Monica-Golumbeanu edited this page Jan 6, 2025 · 1 revision

Pipeline for analysis of AmpSeq data with the classic protocol using HaplotypR

This is a pipeline which is based on the HaplotypR package and which does not need the demultiplexing by sample step. Processing until haplotype calling is done in parallel.

Key steps for running the pipeline:

  1. At the very beginning you need to set up an input and output folder. The input folder will contain just a few files needed by the pipeline (see description below) while the output folder will contain all files and folders created during the pipeline, as well as the final results. You will need to provide the paths to these input and output folders when you run the pipeline

  2. Next, you need to create some files that the pipeline needs, these are the same as for HaplotypR: markerFile.txt, sample_table.txt. While you can create markerFile.txt by hand, to create the sample_table.txt you need a table with sample names and corresponding file names. The script create_sample_file.R can be used for this purpose. Examples of these files and their formatting can be found here.

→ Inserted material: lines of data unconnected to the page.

-- ===== src/Block/Validate.antt =====
-- `validate` of src/block.py and its five checks. The clock is an argument; the last check applies
-- the transactions to the state that the caller hands over, a private copy.
use lapsecoin.Prelude.{
  ℕ, ◌+◌, String, Bool, false, not, Option, none, some, List, [], ◌∷◌, str_eq, ltb, ◌==◌,
  if◌then◌else◌,
}
use lapsecoin.Prelude.Int.{ℤ, pos, ◌+ℤ◌, ltb_ℤ}
use lapsecoin.Prelude.Result.{
  Result, Check, ok, refused, raised, ◌>>=◌, ◌>>◌, refuse_if, over_size_limit, hash_mismatch,
  no_parent, parent_mismatch, height_gap, no_timestamp, timestamp_ahead, timestamp_early,
  invalid_builder, no_vdf, iterations_mismatch, invalid_vdf, tx_not_dict, invalid_tx, type_error,
}
use lapsecoin.Params.{
  block_size_limit, vdf_iterations, timestamp_skew_seconds, min_block_spacing_seconds,
}
use lapsecoin.Json.{Json, str, obj}
use lapsecoin.Crypto.{is_valid_address}
use lapsecoin.Tx.{board_fee_floor}
use lapsecoin.Tx.Signature.{LruCache}
use lapsecoin.Tx.Validate
use lapsecoin.State.{State, apply_tx, view}
use lapsecoin.Block.{Block, World, or_missing, block_hash, block_size, vdf_challenge, vdf_verify}
use lapsecoin.Block.Retarget.{get_vdf_iterations, iterations_or}

-- `chain[-1] if chain else None`
abbrev pub last? {ℓ} : {A : Type ℓ} → List A → Option A
last? [] = none
last? (b ∷ []) = some b
last? (b ∷ c ∷ chain) = last? (c ∷ chain)

abbrev pub same_text : Option String → String → Bool
same_text none s = false
same_text (some t) s = str_eq t s

module _ (w : World) where
  unfoldable pub check_size : Block → Check
  check_size blk = refuse_if (ltb block_size_limit (block_size w blk)) over_size_limit

  unfoldable pub check_hash : Block → Check
  check_hash blk = refuse_if (not (same_text blk.hash (block_hash w blk))) hash_mismatch

  abbrev pub follows : Block → Option Block → Check
  follows blk none = refused no_parent
  follows blk (some parent) = do
    parent_hash ← or_missing parent.hash
    refuse_if (not (str_eq blk.previous_hash parent_hash)) parent_mismatch
    refuse_if (not (blk.height == parent.height + 1)) height_gap

  unfoldable pub check_parent : Block → List Block → Check
  check_parent blk chain = if blk.height == 0 then ok tt else follows blk (last? chain)

  abbrev pub spaced : ℤ → Option Block → Check
  spaced ts none = ok tt
  spaced ts (some parent) = do
    parent_ts ← or_missing parent.timestamp
    refuse_if (ltb_ℤ ts (parent_ts +ℤ pos min_block_spacing_seconds)) timestamp_early

  abbrev pub timely : ℤ → Option ℤ → Option Block → Check
  timely now none parent = refused no_timestamp
  timely now (some ts) parent = do
    refuse_if (ltb_ℤ (now +ℤ pos timestamp_skew_seconds) ts) timestamp_ahead
    spaced ts parent

  unfoldable pub check_timestamp : ℤ → Block → List Block → Check
  check_timestamp now blk chain = timely now blk.timestamp (last? chain)

  abbrev pub builder_text : Json → Result String
  builder_text (str s) = ok s
  builder_text _ = refused invalid_builder

  abbrev pub or_no_vdf : Option String → Result String
  or_no_vdf none = refused no_vdf
  or_no_vdf (some s) = ok s

  -- `chain[-1]["hash"]`: this runs after `_check_parent`, so there is a last block.
  abbrev pub tip_hash : Option Block → Result String
  tip_hash none = raised type_error
  tip_hash (some b) = or_missing b.hash

  unfoldable pub check_proof : Block → List Block → Check
  check_proof blk chain = do
    refuse_if (not (is_valid_address w.crypto blk.builder)) invalid_builder
    builder ← builder_text blk.builder
    output ← or_no_vdf blk.vdf_output
    proof ← or_no_vdf blk.vdf_proof
    expected ← get_vdf_iterations chain
    refuse_if (not (iterations_or vdf_iterations blk.claimed_iterations == expected))
        iterations_mismatch
    parent ← tip_hash (last? chain)
    challenge ← vdf_challenge w parent builder
    refuse_if
        (not (
          vdf_verify w challenge output proof
            (iterations_or vdf_iterations blk.claimed_iterations)))
        invalid_vdf

  unfoldable pub check_builder_and_vdf : Block → List Block → Check
  check_builder_and_vdf blk chain = if blk.height == 0 then ok tt else check_proof blk chain

  unfoldable pub header_checks : ℤ → Block → List Block → Check
  header_checks now blk chain = do
    check_size blk
    check_hash blk
    check_parent blk chain
    check_timestamp now blk chain
    check_builder_and_vdf blk chain

  -- `return False, f"invalid tx: {err}"`
  abbrev pub as_invalid_tx : Check → Check
  as_invalid_tx (ok u) = ok u
  as_invalid_tx (refused e) = refused (invalid_tx e)
  as_invalid_tx (raised x) = raised x

  module _ (lru : LruCache) where
    open lru use {Cache}

    -- What follows one transaction: the rest of the loop, or its early return.
    abbrev pub continue :
        Result State × Cache → (State → Cache → Result State × Cache) → Result State × Cache
    continue (ok s, m) rest = rest s m
    continue (refused e, m) rest = (refused e, m)
    continue (raised x, m) rest = (raised x, m)

    unfoldable pub include_tx : ℕ → Json → State → Cache → Result State × Cache
    include_tx floor (obj t) s m =
        let (answer, m') = Validate.validate w.crypto lru t (view s) (some floor) m in
        ((do as_invalid_tx answer; apply_tx t s), m')
    include_tx floor _ s m = (refused tx_not_dict, m)

    unfoldable pub include_all : ℕ → List Json → State → Cache → Result State × Cache
    include_all floor [] s m = (ok s, m)
    include_all floor (t ∷ ts) s m =
        continue (include_tx floor t s m) (λ s' m'. include_all floor ts s' m')

    -- `_apply_transactions`: the floor is that of the state before the block's own transactions.
    unfoldable pub apply_transactions : Block → State → Cache → Result State × Cache
    apply_transactions blk s m =
        include_all (board_fee_floor s.total_board_posts) blk.transactions s m

    abbrev pub after_header : Check → Block → State → Cache → Result State × Cache
    after_header (ok u) blk s m = apply_transactions blk s m
    after_header (refused e) blk s m = (refused e, m)
    after_header (raised x) blk s m = (raised x, m)

    -- The state is the one that the transactions leave.
    unfoldable pub validate : ℤ → Block → State → List Block → Cache → Result State × Cache
    validate now blk s chain m = after_header (header_checks now blk chain) blk s m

  3. Once you have the resource files, you can run the pipeline as follows:

  • First, you need to run the preprocessing part (script submit_AmpSeqPreprocess.sh). This demultiplexes reads by marker and merges the forward and reverse reads. The sample preprocessing is an array job, to run it you need to use the command sbatch --array=1-N_samples submit_AmpSeqPreprocess.sh input_folder output_folder where you replace input_folder and output_folder with the relevant folder paths for your input and output folders. Also, you will need to replace N_samples with the total number of samples. It is entirely based on the HaplotypeR functions, therefore it should create the corresponding folders and files as HaplotypR. If you want to debug this step, you can have a look at the haplotypR_demultiplex_marker_sample.R and haplotypR_merge_reads_sample.R scripts. They have commented sections which you can use for debugging.
  • After preprocessing, you can run the haplotype calling with submit_AmpSeqCallHaplotypes.sh. At the end, in your output folder, the file finalHaplotypeTab.RDS will contain the final haplotypes.

Do not forget to adapt all the header information from the submit_AmpSeqPreprocess.sh and submit_AmpSeqCallHaplotypes.sh to match your cluster and file system.